2. Install benchmark utilities (optional for reproducing experiments):
   ```bash
   pip install -r requirements.txt
   ```
3. Activate your environment (e.g. `source .venv/bin/activate`) before running scripts.

## Quick Start
### Sketch two sets and estimate their Jaccard similarity
```python
from FastSketchLSH import FastSimilaritySketch, estimate_jaccard

# Build list_a with 16,000 tokens labeled "a-0" to "a-15999"
# Build list_b with 8,000 overlapping + 8,000 new tokens (true Jaccard = 1/3)
list_a = [f"a-{i}" for i in range(16_000)]
list_b = [f"a-{i}" for i in range(8_000)] + [f"b-{i}" for i in range(8_000)]

sketcher = FastSimilaritySketch(size=256)
sig_a = sketcher(list_a)
sig_b = sketcher(list_b)

estimated = estimate_jaccard(sig_a, sig_b)
print(f"Estimated Jaccard similarity: {estimated:.4f}")
```


### Deduplication with LSH
This end-to-end sample downloads a small slice of Hugging Face’s `lucadiliello/bookcorpusopen` corpus, sketches every document with `k=128`, and groups the signatures into `16` bands.

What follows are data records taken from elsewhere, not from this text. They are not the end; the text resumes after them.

-- ===== src/Vault/History.antt =====
-- vault.ts: `saveMessageEvent` and `getMessages`, which shows the messages of a contact with the
-- edits, deletions and reactions that the vault holds applied.
use Prim.Native.String.{compare}
use text.Mathlib.Text.{is_le}
use ep2pchat.Base.{
  ite, String, Bool, true, false, Option, none, some, List, [], ◌∷◌, ◌++◌, string_dec,
  if◌then◌else◌, or_else, keep_if, map, ◌||◌, ◌&&◌, any_if,
}
use ep2pchat.Base.Exec.{Exec, pure, ◌>>=◌, ◌>>◌}
use ep2pchat.Base.Codec.{Json}
use ep2pchat.Vault.Db.{Tables, Db, MessageRow, EventRow, execute, select, init_vault}
use ep2pchat.Vault.Messages.{str_eq, sql_eq}

-- ORDER BY timestamp ASC; rows of the same timestamp keep the order of the table.
module _ {A : Type 0} (timestamp : A → String) where
  unfoldable pub place : A → List A → List A
  place a [] = a ∷ []
  place a (b ∷ bs) =
      if is_le (compare (timestamp a) (timestamp b)) then a ∷ b ∷ bs else b ∷ place a bs

  unfoldable pub order_by : List A → List A
  order_by [] = []
  order_by (a ∷ as_) = place a (order_by as_)

-- What the client shows of a message, as `getMessages` returns it and the chat keeps it.
pub record Shown (V : Type 0) : Type 0 where
  pub id : String
  pub sender : String
  pub text : Option String
  pub timestamp : String
  pub is_me : Bool
  pub status : String
  pub parent_id : Option String
  pub reactions : List (Option String)
  pub is_deleted : Bool
  pub is_edited : Bool
  pub metadata : V

abbrev pub deleted_text : Option String
deleted_text = some "This message was deleted"

-- WHERE conversation_id = ? OR sender_id = ? OR recipient_id = ?
abbrev pub of_contact : String → MessageRow → Bool
of_contact contact m =
    sql_eq m.conversation_id contact || str_eq m.sender_id contact || sql_eq m.recipient_id contact

-- The INSERT, whose id must be new.
unfoldable pub insert_event : EventRow → Tables → Option Tables
insert_event e t =
    if any_if (λ f. str_eq f.id e.id) t.message_events
    then none
    else some (record t { message_events = t.message_events ++ e ∷ [] })

-- FROM message_events e JOIN messages m ON e.target_msg_id = m.id
unfoldable pub join_events : (MessageRow → Bool) → List MessageRow → List EventRow → List EventRow
join_events shown ms [] = []
join_events shown ms (e ∷ es) =
    map (λ _. e) (keep_if (λ m. sql_eq e.target_msg_id m.id && shown m) ms)
    ++ join_events shown ms es

module _ (json : Json) where
  open json use {Value, parse, stringify, field, empty}

  -- The parameter of `saveMessageEvent`.
  pub record NewEvent : Type 0 where
    pub id : String
    pub target_msg_id : Option String
    pub event_type : String
    pub payload : Value

  abbrev pub event_row : String → NewEvent → EventRow
  event_row now ev = record {
    id = ev.id;
    target_msg_id = ev.target_msg_id;
    event_type = ev.event_type;
    payload = stringify ev.payload;
    timestamp = now;
  }

  unfoldable pub save_message_event : NewEvent → Exec Db (Unit {0})
  save_message_event ev d = (do init_vault; execute (insert_event (event_row d.now ev))) d

  -- `let x = {}; try { x = JSON.parse(s) } catch {}`
  abbrev pub parse_or_empty : String → Value
  parse_or_empty s = or_else (parse s) empty

  abbrev parse_metadata : Option String → Value
  parse_metadata none = empty
  parse_metadata (some s) = elim (string_dec s "") [ yes _ ↦ empty | no _ ↦ parse_or_empty s ]

  abbrev pub shown_row : MessageRow → Shown Value
  shown_row m = record {
    id = m.id;
    sender = m.sender_id;
    text = m.content;
    timestamp = m.timestamp;
    is_me = m.is_me;
    status = m.message_status;
    parent_id = m.parent_id;
    reactions = [];
    is_deleted = false;
    is_edited = false;
    metadata = parse_metadata m.metadata;
  }

  -- The body of the loop over the events of a message.
  unfoldable pub apply_event : String → Value → Shown Value → Shown Value
  apply_event kind payload m =
      ite (string_dec kind "edit") (record m { text = field payload "body"; is_edited = true })
        (ite (string_dec kind "delete") (record m { is_deleted = true; text = deleted_text })
          (ite (string_dec kind "reaction")
            (record m { reactions = m.reactions ++ field payload "emoji" ∷ [] }) m))

  unfoldable pub apply_events : List EventRow → Shown Value → Shown Value
  apply_events [] m = m
  apply_events (e ∷ es) m = apply_events es (apply_event e.event_type (parse_or_empty e.payload) m)

  unfoldable pub resolve : List EventRow → MessageRow → Shown Value
  resolve events m = apply_events (keep_if (λ e. sql_eq e.target_msg_id m.id) events) (shown_row m)

  unfoldable pub get_messages : String → Exec Db (List (Shown Value))
  get_messages contact = do
    init_vault
    base ← select (λ t. order_by (λ m. m.timestamp) (keep_if (of_contact contact) t.messages))
    events ← select (λ t.
        order_by (λ e. e.timestamp) (join_events (of_contact contact) t.messages t.message_events))
    pure (map (resolve events) base)

-- SELECT * FROM messages ORDER BY timestamp ASC
pub export_vault_data : Exec Db (List MessageRow)
export_vault_data = do init_vault; select (λ t. order_by (λ m. m.timestamp) t.messages)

Sketching each document costs `O(n + k log k)` time with `O(k)` space, while an LSH probe runs in `O(k + c)` where `c` is the number of retrieved candidates. For pure duplicate-flagging, `insert_and_query_duplicates(...)` fuses LSH build and duplicate detection into one pass.

```python
from __future__ import annotations

from datasets import load_dataset
from FastSketchLSH import FastSimilaritySketch, LSH


def tokenize(text: str) -> list[str]:
    return sorted({token for token in text.lower().split() if token})


# Here, 'train[:2048]' tells Hugging Face Datasets to select only the first 2048 rows from the 'train' split.
dataset = load_dataset(
    "lucadiliello/bookcorpusopen",
    split="train[:2048]")

texts = [row["text"] for row in dataset if row.get("text")]
token_sets = [tokenize(text) for text in texts]

sketcher = FastSimilaritySketch(size=128, seed=42)
sketch_matrix = sketcher.batch(token_sets)

lsh = LSH(num_perm=128, num_bands=16)
# One-shot path: insert the batch and return duplicate flags immediately.
dup_flags = lsh.insert_and_query_duplicates(sketch_matrix).tolist()

doc_idx = 0
candidates = lsh.query(sketch_matrix[doc_idx])
print(f"Candidates for {doc_idx}:", candidates)

print("Duplicate flags:", dup_flags)
print("Total duplicates detected:", sum(dup_flags))
```

## Experiment Summaries
- **Sketch microbenchmarks (`exps/sketch/`)**: Full write-up, CSVs, and plotting helpers demonstrating latency and accuracy versus standard MinHash baselines. Reproduction steps live in `exps/sketch/README.md`.
- **Ground-truth accuracy (`exps/accuracy/`)**: Jaccard estimation and dedup quality measured against labelled datasets. See `exps/accuracy/README.md` for reproduction commands.
- **End-to-end pipelines (`exps/end2end/`)**: Thread-scaled deduplication sweeps on large corpora, plus scripts for batch comparisons. The current single-thread FastSketch path uses true LSH one-shot duplicate flagging. Details in `exps/end2end/README.md`.

Each experiment directory includes figures, CSV outputs, and exact command lines so you can replicate every result.

## Key Points
- FastSketchLSH packages a SIMD-backed sketch with Python convenience wrappers.
- Headline benchmarks show up to **990×** throughput gains over classic MinHash at comparable accuracy.
- Ready-to-run examples cover sketching, LSH-based deduplication, and full dataset experiments.
- For deeper reproduction details, consult the README in each experiment subdirectory.

## Future Work
- A MapReduce/Spark demo to deduplicate large datasets in distributed systems.
- A friendlier Python interface aligned with `datasketch` ergonomics.

## License
MIT. Research and educational use welcome.